Patwari, P.; Moses, T.; Fabris, M.

Metabolite-responsive, protein-based biosensors are a powerful tool for monitoring cellular metabolite dynamics in vivo and accelerating strain engineering workflows in microorganisms. In this study, we introduced a previously developed protein-based biosensor, computationally designed to detect farnesyl diphosphate (FPP), in the marine diatom Phaeodactylum tricornutum. We expressed two versions of the biosensor constitutively, under a strong promoter-terminator pair using extrachromosomal episomes, and we parameterized the capacity of both designs in detecting intracellular metabolite levels.
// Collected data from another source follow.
-- ===== src/Descriptors.antt =====
-- The segment and interrupt descriptors of src/gdt.c and src/idt.c.
pub mod Decode
use my_kernel.Base.{
  ℕ, ◌+◌, ◌-◌, ◌*◌, ◌/◌, ◌%◌, ◌^◌, ◌==◌, if◌then◌else◌, Bool, true, false, bit_and, bit_or,
}

-- `struct GDT_entry`
pub record GdtEntry : Type 0 where
  pub limit_low : ℕ
  pub base_low : ℕ
  pub base_middle : ℕ
  pub access : ℕ
  pub granularity : ℕ
  pub base_high : ℕ

abbrev pub Gdt : Type 0
Gdt = ℕ → GdtEntry

unfoldable pub gdt_set_gate : ℕ → ℕ → ℕ → ℕ → ℕ → Gdt → Gdt
gdt_set_gate num base limit access gran gdt i =
    if i == num
    then record {
      base_low = bit_and base 0xFFFF;
      base_middle = bit_and (base / 2 ^ 16) 0xFF;
      base_high = bit_and (base / 2 ^ 24) 0xFF;
      limit_low = bit_and limit 0xFFFF;
      granularity = bit_or (bit_and (limit / 2 ^ 16) 0x0F) (bit_and gran 0xF0);
      access = access;
    }
    else gdt i

-- An entry of `idt`.
pub record IdtEntry : Type 0 where
  pub offset_lowerbits : ℕ
  pub selector : ℕ
  pub zero_byte : ℕ
  pub type_attr : ℕ
  pub offset_higherbits : ℕ

abbrev pub Idt : Type 0
Idt = ℕ → IdtEntry

unfoldable pub idt_set_gate : ℕ → ℕ → ℕ → ℕ → Idt → Idt
idt_set_gate num base sel flags idt i =
    if i == num
    then record {
      offset_lowerbits = bit_and base 0xFFFF;
      offset_higherbits = bit_and (base / 2 ^ 16) 0xFFFF;
      selector = sel;
      zero_byte = 0;
      type_attr = flags;
    }
    else idt i
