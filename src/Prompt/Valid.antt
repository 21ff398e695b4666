-- ===== src/Prompt/Valid.antt =====
-- The invariant of the line editor of prompt.c, and what the history does to it.
use app_c_platform.Base.{
  ℕ, zero, suc, ◌-◌, ◌^◌, ◌<◌, ◌≤◌, ◌≡◌, Bool, true, false, ◌||◌, List, [], ◌∷◌, ◌++◌, Option, none,
  some, ◌==◌, if◌then◌else◌, length, take, drop, arith, refl, sym, ◌∙◌, ap, subst, ==_iff, ne→==,
}
use native.Mathlib.Decide.{ℕ_discrete}
use mathlib.Core.Option.{some-injective, none-ne-some}
use app_c_platform.Hashtable.Store.{update, update_hit, update_miss, until_nul}
use app_c_platform.Hashtable.Store.Bytes.{NoNul}
use app_c_platform.PromptEdit.{Resolved}
use app_c_platform.Prompt.{
  Context, fresh, Prompt, hist_idx, is_newest, make_place, history_add, set_context,
}

-- The limits are those of options that the machine's memory and an `int` can hold.
pub record IsResolved (l : Resolved) : Type 0 where
  pub some_history : 0 < l.history_max
  pub int_history : l.history_max < 2 ^ 31
  pub some_bytes : 2 ≤ l.max_bytes
  pub few_bytes : l.max_bytes < 2 ^ 64 - 1
  pub some_capacity : 2 ≤ l.initial_capacity
  pub few_capacity : l.initial_capacity ≤ l.max_bytes

-- A line without NUL that a buffer of `size` bytes holds with its terminator.
pub record IsLine (size : ℕ) (line : List ℕ) : Type 0 where
  pub fits : length line < size
  pub no_nul : NoNul line

pub record IsContext (l : Resolved) (edit_cap : ℕ) (ctx : Context) : Type 0 where
  pub lines : (i : ℕ) (line : List ℕ) → ctx.entries i ≡ some line → IsLine edit_cap line
  pub saved : IsLine l.max_bytes ctx.saved_line
  pub first_lt : ctx.first < l.history_max
  pub count_le : ctx.count ≤ l.history_max
  pub browsed : (i : ℕ) → ctx.browse_idx ≡ some i → i < ctx.count

pub record IsPrompt (l : Resolved) (p : Prompt) : Type 0 where
  pub edited : IsLine p.edit_cap p.edit_buf
  pub cap_ge : 2 ≤ p.edit_cap
  pub cap_le : p.edit_cap ≤ l.max_bytes
  pub in_line : p.cursor ≤ length p.edit_buf
  pub context : (site : ℕ) → IsContext l p.edit_cap (p.contexts site)

pub IsLine-mono : (a b : ℕ) (line : List ℕ) → a ≤ b → IsLine a line → IsLine b line
IsLine-mono a b line h v = record { fits = omega (arith, v.fits); no_nul = v.no_nul }

pub IsContext-mono :
    (l : Resolved) (a b : ℕ) (ctx : Context) → a ≤ b → IsContext l a ctx → IsContext l b ctx
IsContext-mono l a b ctx h v = record {
  lines = λ i line e. IsLine-mono a b line h (v.lines i line e);
  saved = v.saved;
  first_lt = v.first_lt;
  count_le = v.count_le;
  browsed = v.browsed;
}

pub NoNul-append : (xs ys : List ℕ) → NoNul xs → NoNul ys → NoNul (xs ++ ys)
NoNul-append [] ys h k = k
NoNul-append (x ∷ xs) ys h k = (h.0, NoNul-append xs ys h.1 k)

pub NoNul-take : (n : ℕ) (xs : List ℕ) → NoNul xs → NoNul (take n xs)
NoNul-take zero xs h = tt
NoNul-take (suc n) [] h = tt
NoNul-take (suc n) (x ∷ xs) h = (h.0, NoNul-take n xs h.1)

pub NoNul-drop : (n : ℕ) (xs : List ℕ) → NoNul xs → NoNul (drop n xs)
NoNul-drop zero xs h = h
NoNul-drop (suc n) [] h = tt
NoNul-drop (suc n) (x ∷ xs) h = NoNul-drop n xs h.1

pub until_nul_same : (xs : List ℕ) → NoNul xs → until_nul xs ≡ xs
unfolding until_nul
until_nul_same [] h = refl
until_nul_same (x ∷ xs) h = rw (ne→== x 0 h.0) (ap (λ t. x ∷ t) (until_nul_same xs h.1))

module _ (l : Resolved) (limits : IsResolved l) where
  pub fresh-IsContext : (edit_cap : ℕ) → IsContext l edit_cap fresh
  fresh-IsContext edit_cap = record {
    lines = λ i line e. absurd (none-ne-some line e);
    saved = record { fits = omega (arith, limits.some_bytes); no_nul = tt };
    first_lt = limits.some_history;
    count_le = omega arith;
    browsed = λ i e. absurd (none-ne-some i e);
  }

  -- The context of one site changes.
  pub set_context-IsPrompt :
      (p : Prompt) (site : ℕ) (ctx : Context)
      → IsPrompt l p
      → IsContext l p.edit_cap ctx
      → IsPrompt l (set_context p site ctx)
  set_context-IsPrompt p site ctx v c = record {
    edited = v.edited;
    cap_ge = v.cap_ge;
    cap_le = v.cap_le;
    in_line = v.in_line;
    context = λ j. elim (ℕ_discrete j site) [
      | yes e ↦ subst (IsContext l p.edit_cap) (sym (update_hit p.contexts site ctx j e)) c
      | no n ↦
          subst (IsContext l p.edit_cap) (sym (update_miss p.contexts site ctx j n)) (v.context j)
    ];
  }

  module _ (edit_cap : ℕ) (ctx : Context) (v : IsContext l edit_cap ctx) where
    -- An entry is replaced by a line that fits, or by none.
    replaced :
        (i : ℕ) (o : Option (List ℕ))
        → ((line : List ℕ) → o ≡ some line → IsLine edit_cap line)
        → (j : ℕ) (line : List ℕ) → update ctx.entries i o j ≡ some line
        → IsLine edit_cap line
    replaced i o h j line e = elim (ℕ_discrete j i) [
      | yes q ↦ h line (sym (update_hit ctx.entries i o j q) ∙ e)
      | no q ↦ v.lines j line (sym (update_miss ctx.entries i o j q) ∙ e)
    ]

    make_place-IsContext : IsContext l edit_cap (make_place l ctx)
    unfolding make_place
    make_place-IsContext = elim (ℕ_discrete ctx.count l.history_max) [
      | yes e ↦ rw ((==_iff ctx.count l.history_max).1 e) (record {
        lines = replaced ctx.first none (λ line q. absurd (none-ne-some line q));
        saved = v.saved;
        first_lt = omega (arith, limits.some_history);
        count_le = v.count_le;
        browsed = v.browsed;
      })
      | no n ↦ rw (ne→== ctx.count l.history_max n) (record {
        lines = v.lines;
        saved = v.saved;
        first_lt = v.first_lt;
        count_le = omega (arith, v.count_le);
        browsed = λ i e. omega (arith, v.browsed i e);
      })
    ]

  -- A line that fits is added to the history.
  pub history_add-IsContext :
      (edit_cap : ℕ) (ctx : Context) (line : List ℕ) (grants : Bool)
      → IsContext l edit_cap ctx
      → IsLine edit_cap line
      → IsContext l edit_cap (history_add l ctx line grants)
  unfolding history_add
  history_add-IsContext edit_cap ctx line grants v h =
      let ctx' = make_place l ctx in
      let v' = make_place-IsContext edit_cap ctx v in
      let slot = hist_idx l ctx' (ctx'.count - 1) in
      let o : Option (List ℕ) = if grants then some line else none in
      let added : IsContext l edit_cap (record ctx' { entries = update ctx'.entries slot o }) =
        record {
          lines = replaced edit_cap ctx' v' slot o (held grants);
          saved = v'.saved;
          first_lt = v'.first_lt;
          count_le = v'.count_le;
          browsed = v'.browsed;
        } in
      choose ((l.history_max == 0) || (length line == 0)) (is_newest l ctx line) added
    where
      held : (g : Bool) (t : List ℕ) → (if g then some line else none) ≡ some t → IsLine edit_cap t
      held true t e = subst (IsLine edit_cap) (some-injective line t e) h
      held false t e = absurd (none-ne-some t e)

      choose :
          {c : Context} (a b : Bool)
          → IsContext l edit_cap c
          → IsContext l edit_cap (if a then ctx else if b then ctx else c)
      choose true b w = v
      choose false true w = v
      choose false false w = w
Initial assays revealed that the two versions of the biosensor we investigated, S3-2D and S3-3A, had specificity not only for FPP but also for other exogenously supplied prenyl phosphates such as geranyl diphosphate (GPP) and geranylgeranyl diphosphate (GGPP) in a dose-dependent manner. We further demonstrated the capacity of S3-3A to track perturbations in the endogenous prenyl phosphate pools by testing it in the presence of pharmacological inhibition of the mevalonate pathway. Moreover, S3-3A generated signal hot-spots around the peroxisomes, suggesting their involvement in isoprenoid biosynthesis, which led us to characterize the subcellular localization of the key enzyme mevalonate kinase. These findings lay the groundwork for developing metabolite-responsive biosensors as robust tools for monitoring and investigating prenyl phosphate dynamics, providing a foundation for advanced metabolic engineering of microalgae.